Speaker
Description
This talk will present the results of in-situ measurements of radiaton damage for the on-detector optoelectronics for the ATLAS SemiConductor Tracker. The results come from proton-proton collisions in LHC during operation in 2016 and 2017. Both p-i-n diodes and VCSELs will be presented and compared to expectations from beam tests of identical devices before the start of LHC operation. The VCSELs show clear evidence for radiation damage, as expected qualitatively from earlier studies. However the p-i-n diodes do show significant radiation damage. There is strong evidence for an unexpected rate-dependent effect for the p-i-n diodes.
Summary
Optical links are used for the readout and control of the SemiConductor Tracker (SCT). The on-detector data links are based on Vertical Cavity Surface Emitting Lasers (VCSELs)
and the control links use silicon p-i-n diodes. The results of the in-situ radiation damage for both the on-detector p-i-n diodes and VCSELs used in the ATLAS SCT optical links show that these links should survive the radiation damage from the full LHC run. The results are compared with predictions based on previous test beam studies of VCSELs from the production wafer; it was found that the level of radiation damage is significantly higher than predicted.

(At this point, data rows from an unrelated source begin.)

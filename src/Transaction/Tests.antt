-- ===== src/Transaction/Tests.antt =====
-- Tests of the encoders and of signing, and the theorems at concrete transactions.
use fast_wallet.Base.{
  ◌-◌, ℕ, zero, suc, ◌+◌, ◌/◌, ◌%◌, ◌≤◌, ◌≡◌, refl, false, [], ◌∷◌, ◌++◌, length, some, ltb,
  if◌then◌else◌, arith,
}
use fast_wallet.Errors.{ok}
use fast_wallet.Fees.{bump_u256}
use fast_wallet.Transaction.{
  Bytes, AccessListItem, Eip1559Transaction, TypedTransaction, eip1559, RecoverableSignature,
  max_fee_per_gas, max_priority_fee_per_gas, with_bumped_fees,
}
use fast_wallet.Transaction.Rlp.{Rlp, IsExact}
use fast_wallet.Transaction.Encode.{
  encode_to, to_length, encode_signature_scalar, signature_scalar_length, encode_access_list,
  access_list_length, canonical_signature_scalar_bytes,
}
use fast_wallet.Transaction.Forms.{encode_for_signing, encode_signed}
use fast_wallet.Transaction.Standards.{
  rlp_list, access_spec, recipient_spec, be_value, leading_zero, Standard, signing_items, envelope,
}
use fast_wallet.Transaction.Framing.{encode_for_signing-framed, encode_signed-framed}
use fast_wallet.Transaction.Scalar.{canonical_scalar}
use fast_wallet.Transaction.Request.{TransactionRequest, new_request, build}
use fast_wallet.Transaction.Sign.{
  Crypto, Prehash, signature, refused, Transaction, sign_hash, sign_hash_typed, signing_hash,
  sign_typed, sign,
}
use fast_wallet.Transaction.Eip155.{sign_hash-recovers, sign-framed}
use fast_wallet.Transaction.Identity.{Agrees, build-Agrees, LtFee, bump-raises}

-- The big-endian bytes of a number, before `rest`; 32 steps serve every 256-bit word.
abbrev be_bytes : ℕ → ℕ → Bytes → Bytes
be_bytes zero n rest = rest
be_bytes (suc fuel) zero rest = rest
be_bytes (suc fuel) (suc n) rest = be_bytes fuel (suc n / 256) (suc n % 256 ∷ rest)

abbrev bytes_of : ℕ → Bytes
bytes_of n = be_bytes 32 n []

abbrev with_header : Bytes → Bytes
with_header b =
    (if ltb (length b) 56
      then (128 + length b) ∷ []
      else (183 + length (bytes_of (length b))) ∷ bytes_of (length b))
    ++ b

-- RLP's string rule.
abbrev rlp_string : Bytes → Bytes
rlp_string [] = with_header []
rlp_string (c ∷ []) = if ltb c 128 then c ∷ [] else with_header (c ∷ [])
rlp_string (c ∷ d ∷ b) = with_header (c ∷ d ∷ b)

abbrev rlp_header : ℕ → Bytes
rlp_header n = if ltb n 56 then (192 + n) ∷ [] else (247 + length (bytes_of n)) ∷ bytes_of n

abbrev plain_rlp : Rlp
plain_rlp = record {
  uint = λ n. rlp_string (bytes_of n);
  uint_length = λ n. length (rlp_string (bytes_of n));
  string = rlp_string;
  string_length = λ b. length (rlp_string b);
  fixed = rlp_string;
  fixed_length = λ b. length (rlp_string b);
  list_header = rlp_header;
  length_of_length = λ n. length (rlp_header n);
}

plain_rlp-IsExact : IsExact plain_rlp
plain_rlp-IsExact = record {
  uint_exact = λ n. refl;
  string_exact = λ b. refl;
  fixed_exact = λ b. refl;
  header_exact = λ n. refl;
  zero_exact = refl;
}

abbrev repeated : ℕ → ℕ → Bytes
repeated zero b = []
repeated (suc n) b = b ∷ repeated n b

abbrev item : AccessListItem
item = record { address = repeated 20 7; storage_keys = repeated 32 1 ∷ [] }

abbrev fee_tx : Eip1559Transaction
fee_tx = record {
  chain_id = 8453;
  nonce = 7;
  max_priority_fee_per_gas = 259_311;
  max_fee_per_gas = 1_000_000;
  gas_limit = 210_000;
  to = some (repeated 20 0x11);
  value = 0;
  payload = [];
  access_list = [];
}

abbrev leading_zero_signature : RecoverableSignature
leading_zero_signature = record {
  r =
      0x00 ∷ 0x10 ∷ 0x20 ∷ 0x30 ∷ 0x40 ∷ 0x50 ∷ 0x60 ∷ 0x70 ∷ 0x80 ∷ 0x90 ∷ 0xA0 ∷ 0xB0 ∷ 0xC0
      ∷ 0xD0 ∷ 0xE0 ∷ 0xF0 ∷ 0x01 ∷ 0x12 ∷ 0x23 ∷ 0x34 ∷ 0x45 ∷ 0x56 ∷ 0x67 ∷ 0x78 ∷ 0x89 ∷ 0x9A
      ∷ 0xAB ∷ 0xBC ∷ 0xCD ∷ 0xDE ∷ 0xEF ∷ 0x01 ∷ [];
  s =
      0x11 ∷ 0x12 ∷ 0x13 ∷ 0x14 ∷ 0x15 ∷ 0x16 ∷ 0x17 ∷ 0x18 ∷ 0x19 ∷ 0x1A ∷ 0x1B ∷ 0x1C ∷ 0x1D
      ∷ 0x1E ∷ 0x1F ∷ 0x20 ∷ 0x21 ∷ 0x22 ∷ 0x23 ∷ 0x24 ∷ 0x25 ∷ 0x26 ∷ 0x27 ∷ 0x28 ∷ 0x29 ∷ 0x2A
      ∷ 0x2B ∷ 0x2C ∷ 0x2D ∷ 0x2E ∷ 0x2F ∷ 0x30 ∷ [];
  v = 1;
}

-- The source's own test vector.
signed_run :
    encode_signed plain_rlp (eip1559 fee_tx) leading_zero_signature
    ≡ 0x02 ∷ 0xF8 ∷ 0x6A ∷ 0x82 ∷ 0x21 ∷ 0x05 ∷ 0x07 ∷ 0x83 ∷ 0x03 ∷ 0xF4 ∷ 0xEF ∷ 0x83 ∷ 0x0F
      ∷ 0x42 ∷ 0x40 ∷ 0x83 ∷ 0x03 ∷ 0x34 ∷ 0x50 ∷ 0x94 ∷ 0x11 ∷ 0x11 ∷ 0x11 ∷ 0x11 ∷ 0x11 ∷ 0x11
      ∷ 0x11 ∷ 0x11 ∷ 0x11 ∷ 0x11 ∷ 0x11 ∷ 0x11 ∷ 0x11 ∷ 0x11 ∷ 0x11 ∷ 0x11 ∷ 0x11 ∷ 0x11 ∷ 0x11
      ∷ 0x11 ∷ 0x80 ∷ 0x80 ∷ 0xC0 ∷ 0x01 ∷ 0x9F ∷ 0x10 ∷ 0x20 ∷ 0x30 ∷ 0x40 ∷ 0x50 ∷ 0x60 ∷ 0x70
      ∷ 0x80 ∷ 0x90 ∷ 0xA0 ∷ 0xB0 ∷ 0xC0 ∷ 0xD0 ∷ 0xE0 ∷ 0xF0 ∷ 0x01 ∷ 0x12 ∷ 0x23 ∷ 0x34 ∷ 0x45
      ∷ 0x56 ∷ 0x67 ∷ 0x78 ∷ 0x89 ∷ 0x9A ∷ 0xAB ∷ 0xBC ∷ 0xCD ∷ 0xDE ∷ 0xEF ∷ 0x01 ∷ 0xA0 ∷ 0x11
      ∷ 0x12 ∷ 0x13 ∷ 0x14 ∷ 0x15 ∷ 0x16 ∷ 0x17 ∷ 0x18 ∷ 0x19 ∷ 0x1A ∷ 0x1B ∷ 0x1C ∷ 0x1D ∷ 0x1E
      ∷ 0x1F ∷ 0x20 ∷ 0x21 ∷ 0x22 ∷ 0x23 ∷ 0x24 ∷ 0x25 ∷ 0x26 ∷ 0x27 ∷ 0x28 ∷ 0x29 ∷ 0x2A ∷ 0x2B
      ∷ 0x2C ∷ 0x2D ∷ 0x2E ∷ 0x2F ∷ 0x30 ∷ []
unfolding encode_signed encode_to to_length encode_access_list access_list_length
    encode_signature_scalar signature_scalar_length canonical_signature_scalar_bytes
signed_run = refl

encode_for_signing-framed_case :
    encode_for_signing plain_rlp (eip1559 fee_tx)
    ≡ envelope (eip1559 fee_tx) (
        rlp_list plain_rlp (
          signing_items plain_rlp
            (access_spec plain_rlp)
            (recipient_spec plain_rlp)
            (eip1559 fee_tx)))
encode_for_signing-framed_case =
    encode_for_signing-framed plain_rlp plain_rlp-IsExact (eip1559 fee_tx)

encode_signed-framed_example :
    Standard plain_rlp
      (eip1559 fee_tx)
      leading_zero_signature
      (encode_signed plain_rlp (eip1559 fee_tx) leading_zero_signature)
encode_signed-framed_example =
    encode_signed-framed plain_rlp plain_rlp-IsExact (eip1559 fee_tx) leading_zero_signature

canonical_scalar_case :
    (be_value 0 (canonical_signature_scalar_bytes (0 ∷ 0 ∷ 5 ∷ 0 ∷ []))
      ≡ be_value 0 (0 ∷ 0 ∷ 5 ∷ 0 ∷ []))
    × (leading_zero (canonical_signature_scalar_bytes (0 ∷ 0 ∷ 5 ∷ 0 ∷ [])) ≡ false)
    × (length (canonical_signature_scalar_bytes (0 ∷ 0 ∷ 5 ∷ 0 ∷ [])) ≤ 4)
canonical_scalar_case = canonical_scalar (0 ∷ 0 ∷ 5 ∷ 0 ∷ [])

abbrev fee_request : TransactionRequest
fee_request = record new_request {
  max_fee_per_gas = some 30;
  nonce = 4;
  chain_id = 1;
  gas_limit = 21_000;
}

build-Agrees_case : Agrees fee_request (build fee_request)
build-Agrees_case = build-Agrees fee_request

abbrev bumped_tx : Eip1559Transaction
bumped_tx = record fee_tx { max_priority_fee_per_gas = 291_725; max_fee_per_gas = 1_125_000 }

bumped_run : with_bumped_fees (eip1559 fee_tx) 1250 ≡ some (eip1559 bumped_tx)
unfolding with_bumped_fees bump_u256
bumped_run = refl

bump-raises_case :
    (bumped : TypedTransaction) × (with_bumped_fees (eip1559 fee_tx) 1250 ≡ some bumped)
    × LtFee (max_fee_per_gas (eip1559 fee_tx)) (max_fee_per_gas bumped)
    × LtFee (max_priority_fee_per_gas (eip1559 fee_tx)) (max_priority_fee_per_gas bumped)
unfolding max_fee_per_gas max_priority_fee_per_gas
bump-raises_case =
    bump-raises (eip1559 fee_tx) 1250 (omega arith) (omega arith, omega arith)
      (omega arith, omega arith)

-- A curve that signs every hash but the empty one with the same bytes, and a hash that is its argument.
abbrev refuses_empty : Bytes → Prehash
refuses_empty [] = refused []
refuses_empty (b ∷ bs) = signature (repeated 64 9) 1

abbrev plain_crypto : Crypto
plain_crypto = record {
  rlp = plain_rlp;
  keccak256 = λ b. b;
  sign_prehash_recoverable = refuses_empty;
}

abbrev refusing_crypto : Crypto
refusing_crypto = record {
  rlp = plain_rlp;
  keccak256 = λ b. b;
  sign_prehash_recoverable = λ b. refused [];
}

sign_hash-recovers_case :
    (sig : RecoverableSignature) × (sign_hash plain_crypto (3 ∷ []) 8453 ≡ ok sig)
    × ((sig.v - 35) / 2 ≡ 8453)
    × ((sig.v - 35) % 2 ≡ 1)
sign_hash-recovers_case =
    sign_hash-recovers plain_crypto (3 ∷ []) (repeated 64 9) 8453 1 refl (omega arith) (omega arith)

sign-framed_case :
    (signed : Transaction) × (sign plain_crypto (eip1559 fee_tx) ≡ ok signed)
    × (signed.typed_tx ≡ eip1559 fee_tx)
    × Standard plain_rlp
        (eip1559 fee_tx)
        (record { r = repeated 32 9; s = repeated 32 9; v = 1 })
        signed.encoded
    × (signed.hash ≡ signed.encoded)
unfolding sign_typed sign_hash_typed signing_hash encode_for_signing
sign-framed_case =
    sign-framed plain_crypto (eip1559 fee_tx)
      (record { r = repeated 32 9; s = repeated 32 9; v = 1 }) plain_rlp-IsExact refl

The change in responsivity of the p-i-n diodes is monitored by regular readings of the photocurrents. The on-detector p-i-n diodes, operated at a reverse bias voltage significantly higher than the depletion voltage, showed clear evidence of radiation damage to the responsivity but no significant increase in depletion voltage, compatible with expectation from test beam studies.

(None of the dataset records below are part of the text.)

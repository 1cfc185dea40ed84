-- ===== src/Bus.antt =====
-- internal/bus: the transport over Kafka.
pub mod Topic
pub mod Message
pub mod Config
pub mod Consumer
pub mod Subscribe
pub mod Channel
pub mod Replay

One hypothesis for the decrease in responsivity despite the fact that devices were operated over-depleted is that the charge trapping causes the rapid loss of the slow diffusion signal with radiation damage. This hypothesis can be tested by comparing the response to fast signals as opposed to the slow DC signal measured by the photocurrents. The fast signal response is studied using threshold scans of the laser light sending the optical signals to the on-detector p-i-n diodes.
Additionally, the decrease in responsivity observed in-situ for the p-i-n diodes is significantly smaller than that observed in previous test beam studies. This suggests some rate dependence or annealing effect. However, the physical cause of any rate dependence in these devices is not currently understood.